Mapping Programming Language Complexity

Aleksander Demko

February, 2014

Software development is fundamentally an exercise in managing complexity. Programmers juggle and connect algorithms, their states and the data they operate on. These algorithms are further grouped into modules or programs, which then connect users and computers together. This virtual world is unlike any other construction project and it's all malleable at any time.

As computers get more powerful, users expect more functionality, requiring programmers to make larger and more complex programs. Under short deadlines and often changing requirements, teams of programmers have to work together each creating and applying their code into the application, hoping that the whole mess actually runs and works. Weather this complexity is understood by future programmers coming to the project is often an afterthough, it it's considered at all.

Programming languages can help manage this complexity.
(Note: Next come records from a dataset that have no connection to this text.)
-- ===== src/Tests/Epoch.antt =====
-- The theorems on the execution of an epoch at concrete transactions.
use neu_chain.Prelude.{
  ℕ, suc, ◌≡◌, ◌≢◌, refl, String, true, Option, none, some, List, [], ◌∷◌, map, same_key, arith,
}
use mathlib.Core.List.{Perm}
use neu_chain.ReserveTable.{
  ReserveTable, Provider, get_reserve_table, reserve_rw_set, dependency_analysis,
}
use neu_chain.ReserveTable.Min.{Batch, reserve_all}
use neu_chain.Transaction.{Transaction, commit, abort}
use neu_chain.Serial.{View, Entry, apply_all, Replays}
use neu_chain.Serial.Order.{serial_order}
use neu_chain.Serial.Conflicts.{committed, has_raw, committed-Replays}
use neu_chain.Serial.Progress.{committed-ne-nil}
use neu_chain.Database.{Database, set_entry, buffer_updates, commit_update}
use neu_chain.Database.Commit.{Commits, commit_update-Commits}
use neu_chain.Decision.{decide}
use neu_chain.Executor.{execute_one, execute_all, execute_list, commit_one, commit_list, run_epoch}
use neu_chain.Executor.Execute.{IsFresh}
use neu_chain.Executor.Outcome.{Serializes, run_epoch-Serializes}
use neu_chain.Tests.Data.{
  function_storage, copy_chaincode, copy, transfers, database, values, set_of,
}

abbrev Outcome : Type 0
Outcome = Option (List Transaction × Provider × Database function_storage)

abbrev transactions : Outcome → List Transaction
transactions none = []
transactions (some (ts, p, d)) = ts

abbrev provider : Outcome → Provider
provider none = none
provider (some (ts, p, d)) = p

abbrev database_of : Outcome → Database function_storage
database_of none = database
database_of (some (ts, p, d)) = d

abbrev executed : Outcome
executed = execute_list function_storage copy_chaincode transfers none database

run_epoch_results :
    map
      (λ t. t.result)
      (transactions (run_epoch function_storage copy_chaincode transfers none database))
    ≡ commit ∷ abort ∷ commit ∷ []
unfolding run_epoch execute_list execute_all execute_one commit_list commit_one decide
    dependency_analysis reserve_rw_set same_key neu_chain.ReserveTable.reserve_register
    get_reserve_table commit_update buffer_updates
run_epoch_results = refl

run_epoch-Serializes_example :
    (vs : List Transaction) × (d : Database function_storage) × (run_epoch function_storage
        copy_chaincode transfers none database
      ≡ some (vs, provider executed, d))
    × Serializes function_storage copy_chaincode transfers (transactions executed) vs database d
unfolding execute_list execute_all execute_one
run_epoch-Serializes_example =
    run_epoch-Serializes function_storage copy_chaincode 4 (copy 1 "a" "b")
      (copy 2 "c" "b" ∷ copy 3 "b" "d" ∷ []) (transactions executed) none (provider executed)
      database (database_of executed) (fresh, (fresh, (fresh, tt)))
      (((λ h. omega arith), ((λ h. omega arith), tt)), (((λ h. omega arith), tt), (tt, tt))) refl tt
      refl
  where
    fresh : {n : ℕ} {a b : String} → IsFresh (copy (suc n) a b)
    fresh = record { has_id = λ h. omega arith; unread = refl; writes = refl; waits = refl }

abbrev batch : Batch
batch = (1, set_of "a" "b" "a") ∷ (2, set_of "c" "b" "c") ∷ (3, set_of "b" "d" "b") ∷ []

-- The first and the third commit; the third has read what the first overwrites, and goes before it.
committed-batch :
    serial_order (has_raw 4 batch) (committed 4 batch)
    ≡ (3, set_of "b" "d" "b") ∷ (1, set_of "a" "b" "a") ∷ []
unfolding committed serial_order decide neu_chain.Serial.Conflicts.dependency dependency_analysis
    reserve_all reserve_rw_set same_key neu_chain.ReserveTable.reserve_register
    neu_chain.Serial.Order.insert
committed-batch = refl

committed-Replays_example :
    let order = serial_order (has_raw 4 batch) (committed 4 batch) in
    Perm order (committed 4 batch) × Replays order values (apply_all (committed 4 batch) values)
committed-Replays_example =
    committed-Replays 4 batch (omega arith) values
      (((λ h. omega arith), ((λ h. omega arith), tt)), (((λ h. omega arith), tt), (tt, tt)))
      ((refl, tt), ((refl, tt), ((refl, tt), tt)))

committed-ne-nil_example : committed 4 batch ≢ []
committed-ne-nil_example = committed-ne-nil 4 batch (omega arith) (λ h. cc)

-- A transaction that has been executed, and the database with its set in the buffer.
abbrev ready : Transaction
ready = record (copy 2 "c" "b") { rw_set = set_of "c" "b" "c" }

abbrev buffered : Database function_storage
buffered = record database { rw_set_buffer = set_entry 2 (some (set_of "c" "b" "c")) (λ k. none) }

commit_update-Commits_example :
    (d : Database function_storage) × (commit_update function_storage 2 buffered ≡ some (d, true))
    × Commits function_storage buffered (set_of "c" "b" "c") d
commit_update-Commits_example =
    commit_update-Commits function_storage 2 (set_of "c" "b" "c") buffered refl tt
They can do this with:

compile-time type checking which helps programmers structure their code such that it can be checked for type errors. Type errors are very easy to make and unless the programmer is constantly checking their types, they'll have crashes at run-time.
compile-time optimizations can then use the type information to automatically emit optimized machine code, giving programmers faster code with no additional work.
a supplemental run-time system can possibly do other optimizations, code checking or memory management (garbage collection).

With these factors in mind, I'd like to classify programming languages on where they generally push the complexity. One way to do this is to map this onto a triangle, with the tree ends being:

Heavily typed languages with lots of opportunities for type-enforcement and optimizations at compile-type push the complexity to the compiler
Languages that leave it up to the runtime to check for errors push complexity to the run-time
Languages that do nether leave it up to the developer himself

Laid out in an text diagram, this triangle would look like:

            compiler
               /\
              /  \
             /    \
            /      \
           /        \
  run-time ---------- developer

Superimposing some mainstream languages over this gets you:

              C++
               /\
              /  \
             /    \
            /      \
           /        \
   Java/C# ---------- C
               |
           JavaScript

These are the major mainstream languages that can represent that style of complexity management:

The C language, which was invented as a "portable assembly" language has decidedly few modern abstractions and no run time checking. C programmers are forced to mock up their own abstractions as the language lacks even basic string and collections types. Except for the smallest embedded platforms or specialized programs (like OS kernels or drivers) C has little to offer for building larger software systems.

C++ on the other hand has offers many standard paradigms (such as object oriented, generic & functional). Although perhaps daunting to the beginning programmer, it offers all the features needed to build large type-safe programs that through heavy compiler optimizations and in-lining, can compile down to high performance native code. This is were you ideally want to push complexity - to the compiler. It's essentially "free", bothering neither the user with run-time costs or the developer with menial work.

Java/C# provide decidedly fewer abstractions than C++, simplifying the language at the cost of expressive power. These applications also run under run-time systems that perform constant safety checking and memory management. This run-time and simplified language greatly aids programmers in producing software that is easier to test and debug, however this cost comes at the expense of run-time performance.

Between Java and C I've placed JavaScript, which represents all scripting languages, such as Python or Ruby. These languages have full run-times, but lack a compiler-pass to help with basic type checking, resulting in more cognitive load on the developer.

What are the trends?

Large line-of-business database applications - those that make up the bulk of software development - tend to be in the Java/C# family. Performance is not a concern in these situations as modern servers can easily service these work loads.

For even smaller applications, performance is even less of a concern. Scripting, without the requirements of type-safety allow such developers to "ramp up" quickly. However as the application reaches a modest size, refactoring and general code maintenance becomes very difficult without type-safety. This results in complexity being pushed towards the developer.

For applications that are both large and performance-critical, pushing complexity to the compiler is required. In fact, this is the ideal location for complexity for all types of applications as the compiler saves both the user and developers time and run-time costs. With the recent surge in native language development and growing concerned over battery life and data center costs, more applications might starting use a compiler-centric programming language.